Patentes contra a vida


Wilken Sanches*


Por muito tempo, foi atribuído à ciência o papel de força emancipadora
da humanidade. Ela seria a responsável por livrar o homem do
obscurantismo, do trabalho penoso, da fome e das doenças. Para
estimular o desenvolvimento dessa força libertadora, foram criados
mecanismos de estímulo à pesquisa, entre eles, as leis de propriedade
intelectual e patentes. Dessa forma, sempre que algo novo fosse
inventado, seria concedido o monopólio da exploração comercial daquele
invento, por um período socialmente justo.

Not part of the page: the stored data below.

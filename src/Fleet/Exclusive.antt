-- ===== src/Fleet/Exclusive.antt =====
-- internal/controller/fleetrollout_controller.go, contestedMembers: a StageSet that two rollouts select is
-- written by neither.
use stageset_controller.Prelude.{
  ℕ, String, str_eq, str_eq_iff, str_eq_refl, ◌≡◌, refl, sym, subst, inl, inr, Bool, true, false,
  Option, some, List, [], ◌∷◌, ◌++◌, map, arith, Bool-cases, Option-cases, is_some, any, lookup,
  Elem, Result-cases, ok,
}
use stageset_controller.Metric.{MetricSource, Floats}
use stageset_controller.Fleet.{FleetRollout, Member}
use stageset_controller.Fleet.Rollout.{Patch, concat_map}
use stageset_controller.Fleet.Reconcile.{
  conflict, Cluster, key, members, claims, contested_members, reconcile,
}

-- Whether an association list has an entry of the key.
abbrev has_key : String → List (String × String) → Bool
has_key k xs = any (λ p. str_eq p.0 k) xs

lookup-has_key :
    (k : String) (xs : List (String × String)) → has_key k xs ≡ true → is_some (lookup k xs) ≡ true
lookup-has_key k [] h = absurd (ground arith)
lookup-has_key k ((j, v) ∷ xs) h = ground (arith, lookup-has_key k xs)

has_key-left :
    (k : String) (xs ys : List (String × String))
    → has_key k xs ≡ true
    → has_key k (xs ++ ys) ≡ true
has_key-left k [] ys h = absurd (ground arith)
has_key-left k (x ∷ xs) ys h = ground (arith, has_key-left k xs ys)

has_key-right :
    (k : String) (xs ys : List (String × String))
    → has_key k ys ≡ true
    → has_key k (xs ++ ys) ≡ true
has_key-right k [] ys h = h
has_key-right k (x ∷ xs) ys h = ground (arith, has_key-right k xs ys h)

has_key-members :
    (name k : String) (o : Member) (os : List Member)
    → Elem o os
    → str_eq (key o) k ≡ true
    → has_key k (map (λ m. (key m, name)) os) ≡ true
has_key-members name k o (x ∷ os) (inl e) h = rw (sym e, h) refl
has_key-members name k o (x ∷ os) (inr e) h = ground (arith, has_key-members name k o os e h)
has_key-members name k o [] e h = absurd e.lower

module _ {L : Type 0} (cluster : Cluster L) where
  has_key-claims :
      (name k : String) (other : FleetRollout L) (others : List (FleetRollout L)) (os : List Member)
      → Elem other others
      → str_eq other.name name ≡ false
      → members cluster other.spec ≡ ok os
      → has_key k (map (λ m. (key m, other.name)) os) ≡ true
      → has_key k (claims cluster name others) ≡ true
  unfolding claims
  has_key-claims name k other [] os e n m h = absurd e.lower
  has_key-claims name k other (x ∷ xs) os (inl e) n m h =
      let same = subst (λ o. has_key k (claims cluster name (o ∷ xs)) ≡ true) e in
      same (rw (n, m) (has_key-left k _ (claims cluster name xs) h))
  has_key-claims name k other (x ∷ xs) os (inr e) n m h =
      let rest = has_key-claims name k other xs os e n m h in
      elim (Bool-cases (str_eq x.name name)) [
        | inl s ↦ rw s rest
        | inr s ↦ elim (Result-cases (members cluster x.spec)) [
          | inl (ms, q) ↦ rw (s, q) (has_key-right k _ (claims cluster name xs) rest)
          | inr (w, q) ↦ rw (s, q) rest
        ]
      ]

  contested :
      (claimed : List (String × String)) (m : Member) (ms : List Member)
      → Elem m ms
      → is_some (lookup (key m) claimed) ≡ true
      → (c : String × String) × (cs : List (String × String)) × (concat_map
            (conflict cluster claimed)
            ms
          ≡ c ∷ cs)
  unfolding concat_map
  contested claimed m [] e h = absurd e.lower
  contested claimed m (x ∷ ms) (inl e) h = elim (Option-cases (lookup (key m) claimed)) [
    | inl n ↦ absurd (ground arith)
    | inr (o, n) ↦
        (subst
          (λ y.
            (c : String × String) × (cs : List (String × String)) × (concat_map
                (conflict cluster claimed) (y ∷ ms)
              ≡ c ∷ cs))
          e ((key m, o), concat_map (conflict cluster claimed) ms, rw (n, conflict) refl))
  ]
  contested claimed m (x ∷ ms) (inr e) h =
      let (c, cs, q) = contested claimed m ms e h in
      elim (Option-cases (lookup (key x) claimed)) [
        | inl n ↦ (c, cs, rw (n, conflict) q)
        | inr (o, n) ↦ ((key x, o), concat_map (conflict cluster claimed) ms, rw (n, conflict) refl)
      ]

  str_eq-sym : (a b : String) → str_eq a b ≡ false → str_eq b a ≡ false
  str_eq-sym a b h = elim (Bool-cases (str_eq b a)) [
    | inr e ↦ e
    | inl e ↦ absurd (
        ground
          (arith, h, subst (λ x. str_eq a x ≡ true) (sym ((str_eq_iff b a).0 e)) (str_eq_refl a)))
  ]

  writes_nothing :
      {F : Type 0} (fl : Floats F) (querier : Option (MetricSource → Option F)) (now : ℕ)
      (accepts : Patch → Bool) (fr other : FleetRollout L) (everyone : List (FleetRollout L))
      (ms os : List Member) (m o : Member)
      → cluster.fleet_rollouts ≡ some everyone
      → Elem other everyone
      → str_eq other.name fr.name ≡ false
      → members cluster fr.spec ≡ ok ms
      → members cluster other.spec ≡ ok os
      → Elem m ms
      → Elem o os
      → key m ≡ key o
      → (reconcile cluster fl querier now accepts fr).patches ≡ []
  unfolding reconcile contested_members
  writes_nothing fl querier now accepts fr other everyone ms os m o c g n p q e k same =
      let named = subst (λ x. str_eq x (key m) ≡ true) same (str_eq_refl (key m)) in
      let claimed =
        has_key-claims fr.name (key m) other everyone os g n q
          (has_key-members other.name (key m) o os k named) in
      let (x, xs, found) =
        contested (claims cluster fr.name everyone) m ms e (lookup-has_key (key m) _ claimed) in
      ground (arith, found)

  -- A rollout writes to no StageSet in a pass where another rollout of the cluster, of another name and
  -- with readable members, also selects one of its members: neither of the two rollouts does.
  pub contested_writes_nothing :
      {F : Type 0} (fl : Floats F) (querier : Option (MetricSource → Option F)) (now : ℕ)
      (accepts : Patch → Bool) (fr other : FleetRollout L) (everyone : List (FleetRollout L))
      (ms os : List Member) (m o : Member)
      → cluster.fleet_rollouts ≡ some everyone
      → Elem fr everyone
      → Elem other everyone
      → str_eq other.name fr.name ≡ false
      → members cluster fr.spec ≡ ok ms
      → members cluster other.spec ≡ ok os
      → Elem m ms
      → Elem o os
      → key m ≡ key o
      → ((reconcile cluster fl querier now accepts fr).patches ≡ [])
        × ((reconcile cluster fl querier now accepts other).patches ≡ [])
  contested_writes_nothing fl querier now accepts fr other everyone ms os m o c f g n p q e k same =
      (
        writes_nothing fl querier now accepts fr other everyone ms os m o c g n p q e k same,
        writes_nothing fl querier now accepts other fr everyone os ms o m c f (str_eq-sym _ _ n) q p
            k e (sym same),
      )
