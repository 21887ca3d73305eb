-- ===== src/Fleet/Soak.antt =====
-- internal/controller/fleetrollout_controller.go, reconcile: the soak over several passes.
use stageset_controller.Prelude.{
  ℕ, ◌+◌, ◌≤◌, ◌≡◌, refl, Bool, true, false, Option, none, some, List, [], ◌∷◌, arith, length,
  add_duration, pos, to_second, to_second_le, to_second_mono, to_second_stays, stored_time,
}
use stageset_controller.Fleet.{Health, FleetWave, FleetRolloutSpec, FleetWaveStatus, Member}
use stageset_controller.Fleet.Rollout.{
  with_health, Patch, stamp, soak_of, prior_status, zero_if_unset, settle_wave, soak_is_over,
}

pub stamp-accepted :
    (accepts : Patch → Bool)
    → ((p : Patch) → accepts p ≡ true)
    → (ps : List Patch) → (stamp accepts ps).failed ≡ false
unfolding stamp
stamp-accepted accepts h [] = refl
stamp-accepted accepts h (p ∷ ps) = rw (h p) (stamp-accepted accepts h ps)

module _ {L : Type 0} (spec : FleetRolloutSpec L) (wave : FleetWave L) where
  -- The statuses of a wave over passes in which it stays settled, from the pass at `since` that found it
  -- settled first. Between them only the verdict of the gate may be written.
  pub data Soaking : FleetWaveStatus → ℕ → Type 0 where
    settles :
        (members : List Member) (prior : List FleetWaveStatus) (now : ℕ) (v : Option Health)
        → soak_of (prior_status wave.name prior) ≡ none
        → (settle_wave spec prior now (record { wave = wave; members = members })).settled ≡ true
        → Soaking
            (with_health v (settle_wave spec prior now (record { wave = wave; members = members })))
            now
    stays :
        (members : List Member) (prior : List FleetWaveStatus) (now : ℕ) (v : Option Health)
        {ws : FleetWaveStatus} {since : ℕ}
        → Soaking ws since
        → prior_status wave.name prior ≡ some ws
        → (settle_wave spec prior now (record { wave = wave; members = members })).settled ≡ true
        → Soaking
            (with_health v (settle_wave spec prior now (record { wave = wave; members = members })))
            since

  abbrev EndsFrom : ℕ → Option ℕ → Type 0
  EndsFrom n none = ⊥
  EndsFrom n (some u) = n ≤ u

  EndsFrom-stored_time :
      (t : ℕ) (o : Option ℕ) → EndsFrom (to_second t) o → EndsFrom (to_second t) (stored_time o)
  EndsFrom-stored_time t none h = h
  EndsFrom-stored_time t (some u) h =
      ground (arith, to_second_mono (to_second t) u h, to_second_stays t)

  -- However often it is written and read, the deadline is no earlier than the whole second before the one that
  -- the first pass set.
  Soaking-EndsFrom :
      {ws : FleetWaveStatus} {since : ℕ}
      → Soaking ws since
      → EndsFrom (to_second (add_duration since (zero_if_unset wave.soak))) ws.soak_until
  unfolding settle_wave with_health
  Soaking-EndsFrom {since = since} (settles ms prior now v n h) =
      ground (arith, n, h, to_second_le (add_duration since (zero_if_unset wave.soak)))
  Soaking-EndsFrom {since = since} (stays ms prior now v {ws = ws} s e h) =
      let end = add_duration since (zero_if_unset wave.soak) in
      ground (arith, e, h, EndsFrom-stored_time end ws.soak_until (Soaking-EndsFrom s))

  -- The soak of a wave is over only once its whole length has passed, its end cut to the second, since
  -- the pass that first found the wave settled, however often the rollout was reconciled in between.
  pub soak_is_whole :
      {ws : FleetWaveStatus} {since : ℕ} (length now : ℕ)
      → wave.soak ≡ some (pos length)
      → Soaking ws since
      → soak_is_over now ws ≡ true
      → to_second (since + length) ≤ now
  unfolding soak_is_over
  soak_is_whole length now e s h = ground (arith, Soaking-EndsFrom s, e, h)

O período de proteção deveria assegurar o monopólio sobre a exploração
do invento tempo bastante para garantir o estímulo à pesquisa, mas não
a ponto de prejudicar os interesses da sociedade. Depois disso, o
invento deveria entrar em domínio público, para que pudesse ser
utilizado como base de novas pesquisas. Esse equilíbrio, contudo, vem
se tornando cada vez mais difícil, uma vez que a ciência foi
abandonando o seu caráter emancipador para se converter, unicamente, em
força produtiva do mercado.

Em 1994, durante a Rodada do Uruguai do Gatt (Acordo Geral sobre
Tarifas e Comércio), foram dados passos importantes para garantir um
estatuto jurídico internacional que assegurasse a privatização dos
objetivos da ciência, entre eles, o Acordo Sobre Aspectos dos Direitos
de Propriedade Intelectual Relacionados ao Comércio (ou Trips).
Enquanto todos os acordos da rodada caminharam para a quebra de
barreiras e diminuição de direitos e garantias dentro do comércio
internacional, o Trips foi na direção contrária, aumentando proteções e
impondo barreiras.

Mesmo tendo sido criados alguns “gatilhos”, que poderiam ser acionados
quando fosse detectada alguma prática anticompetitiva ou abuso do poder
econômico por parte dos donos da propriedade intelectual, os principais
favorecidos pelo Trips foram, sem dúvida, os países desenvolvidos, que
já tinham um grande número de patentes. Um dos resultados práticos
dessa política de privatização do conhecimento pode ser visto quando a
preservação da vida é posta em xeque. No início de novembro, o Brasil
propôs que a Organização Mundial da Saúde enviasse técnicos aos países
emergentes para a análise da possível quebra de patentes, em
conformidade com o artigo 31 do Trips, para garantir às populações
desses países acesso a medicamentos de combate a AIDS, câncer e
diabetes.

A proposta brasileira previa, ainda, a criação de um fundo para 
pesquisa de doenças que atingem apenas países subdesenvolvidos, além de
solicitar que acordos comerciais entre países ricos e pobres não
incluíssem leis de patentes mais rígidas que as já existentes no
sistema internacional. Por motivos óbvios, a proposta enfrentou o forte
lobby dos EUA, que enviou cartas aos países latino-americanos, pedindo
que retirassem o apoio à proposta do Brasil, dizendo que ela atrasaria
um possível acordo.

Casos como esses nos fazem ver o quanto a ciência tem se afastado da
sua missão. Os laboratórios preferem ver os mortos se amontoarem nos
países subdesenvolvidos a deixarem de receber os royalties de sua
pesquisa, e mesmo quando se prova a insustentabilidade dessas
situações, os países desenvolvidos enviam cartas em tom de ameaça para
que os gatilhos legais não sejam acionados. Mais do que nunca,
precisamos rediscutir a questão da propriedade intelectual e o papel da
ciência, em uma sociedade em que se socializam os riscos de
contaminação da água, do ar e do solo, e se privatizam os lucros.


*Diretor geral do Coletivo Digital e baterista da banda Ácido Lático. É mestre em Antropologia, pela PUC-SP.